Thanks for the responses! These questions were an amalgamation of questions coming from Eric and myself. I'll respond to the questions I asked here best I can. I'll let Eric respond to the other ones.

(1) Yes, we have been targeting the VFX platform 2016+ for the Python version of OTIO. Can we get more context about the issue you're raising? If we don't expose STL (map, vector, string) what is a reasonable alternative? Can you point us to an example of a library that works the way you propose?

The issue is that exposing STL in headers requires that anyone linking with the library use the same compiler and compiler version, since STL is implementation specific (different ABI) and you can get weird random behaviour if this is not the case. We also have libraries that could benefit from using otio, but thus far we've avoid imposing any restrictions on compilers. There are essentially two ways of doing this. One way is to put the code that uses STL in the headers (so the client compiles it with their compiler) -- rapidjson is an example of this. The other is to wrap any STL with a private-implementation idiom (ex. return your own Vector to clients that only has a void* in the header and exposes vector methods. To implement the class, reinterpret_cast back to an std::vector in your implementation and call the corresponding method). This way, the STL you need is eseentially part of your library instead of the STL implementation. For what it's worth our particular libraries use a combination of both of those techniques. Neither option is particularly appealing I realize, which is why things like the VxF platform exist.

There's a good paper here on the challenges of writing libraries (ELF libraries, so posix systems):
https://software.intel.com/sites/default/files/m/a/1/e/dsohowto.pdf

(3) Does @davidbaraff's recent change address your concern about error codes?

Yes, thanks!

(5) We are using polymorphism to some advantage. Is the performance issue mostly related to virtual methods?

Yes, I generally prefer to write libraries where clients provide their own "polymorphic" behaviour by specializing a template for their own structure/class. Not only because its faster (compile time over runtime), but also because it allows the library to keep all inheritance as a private implementation detail. This allows you the flexibility of changing interfaces without having to worry about breaking client code. And it's also nice not to have to impose that the client inherits from the library's class structure, particularly when the client may want to use a given class with multiple libraries that do this. By removing inheritance from the equation, it also allows for value semantics instead of reference semantics, which can be quite convenient when they're used for multithreading.

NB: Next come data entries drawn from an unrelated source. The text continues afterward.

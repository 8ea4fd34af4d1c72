-- ===== src/Examples/Frames.antt =====
-- The frame protocol of async_telemetry_server at concrete inputs.
use edge_ipc_daemon.Prelude.{ℕ, ◌≡◌, refl, List, [], ◌∷◌, ◌++◌, some, arith, length}
use edge_ipc_daemon.Protocol.Bytes.{write, be32, be16, read32, read16}
use edge_ipc_daemon.Protocol.Crc.{crc_from, crc16}
use edge_ipc_daemon.Protocol.Frame.{
  Frame, telemetry, ack, to_byte, of_byte, ok, err, crc_mismatch, has_prefix, serialize,
  deserialize, deserialize_body, copy_payload,
}
use edge_ipc_daemon.Protocol.Frame.Encode.{header}
use edge_ipc_daemon.Protocol.Frame.RoundTrip.{deserialize-serialize}
use edge_ipc_daemon.Protocol.Frame.Accepts.{Decodes, deserialize-Decodes}
use edge_ipc_daemon.Protocol.Frame.Corrupt.{deserialize_one_byte}
use edge_ipc_daemon.Protocol.Sensor.{SensorFrame, parse-serialize}
use edge_ipc_daemon.Protocol.Sensor

abbrev sample : Frame
sample = record { msg_type = telemetry; payload = 10 ∷ 20 ∷ 30 ∷ [] }

abbrev ack_frame : Frame
ack_frame = record { msg_type = ack; payload = [] }

-- The bytes of an ACK frame.
abbrev ack_bytes : List ℕ
ack_bytes = 0x4E ∷ 0x45 ∷ 0x58 ∷ 0x54 ∷ 0x01 ∷ 0x03 ∷ 0x00 ∷ 0x00 ∷ 0x00 ∷ 0x00 ∷ 0xFF ∷ 0xFF ∷ []

serialize-ack : serialize ack_frame ≡ some ack_bytes
unfolding serialize copy_payload write be32 be16 crc16 crc_from to_byte
serialize-ack = refl

deserialize-ack : deserialize ack_bytes ≡ ok ack_frame
unfolding deserialize deserialize_body has_prefix read32 read16 crc16 crc_from of_byte
deserialize-ack = refl

deserialize-serialize_example :
    (bytes : List ℕ) × (serialize sample ≡ some bytes)
    × (length bytes ≡ 15)
    × (deserialize (bytes ++ (99 ∷ [])) ≡ ok sample)
deserialize-serialize_example =
    deserialize-serialize sample (99 ∷ []) (record { small = omega arith; named = tt })

deserialize-Decodes_example : Decodes ack_bytes ack_frame
deserialize-Decodes_example = deserialize-Decodes ack_bytes ack_frame (omega arith) deserialize-ack

deserialize_one_byte_example : deserialize (header sample ++ (10 ∷ 21 ∷ 30 ∷ [])) ≡ err crc_mismatch
deserialize_one_byte_example =
    deserialize_one_byte telemetry (10 ∷ []) 20 21 (30 ∷ []) (omega arith) (omega arith)
      (omega arith) (omega arith) (omega arith)

abbrev reading : SensorFrame
reading = record { sensor_id = 1; timestamp_us = 1_700_000_000_000_000; value = 0x4049000000000000 }

parse-serialize_example :
    (bytes : List ℕ) × (Sensor.serialize reading ≡ some bytes)
    × (length bytes ≡ 20)
    × (Sensor.parse (bytes ++ []) ≡ reading)
parse-serialize_example =
    parse-serialize reading []
      (record { id_fits = omega arith; time_fits = omega arith; value_fits = omega arith })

But again, this is a preference that comes from writing code that has to fit into large complex hierarchies and not a hard requirement.

There's a talk/code example on this approach here, if you are interested in this subject:
https://github.com/sean-parent/sean-parent.github.io/blob/master/papers-and-presentations.md#value-semantics-and-concept-based-polymorphism

We haven't thought of a good way to combine them given that we want two separate libraries.

Combining error codes is always a bit painful. One simple solution worth considering is starting the otio error codes at an offset. Something like

enum class Outcome {
OK,
INVALID_TIMECODE_RATE = 0x100,
...
}

At least you don't end up with overlapping error codes that way (besides OK set to zero, which is a good thing). Also note that I used an enum class instead on enum. Since you're writing new code from scratch, I would encourage it's use over an enum.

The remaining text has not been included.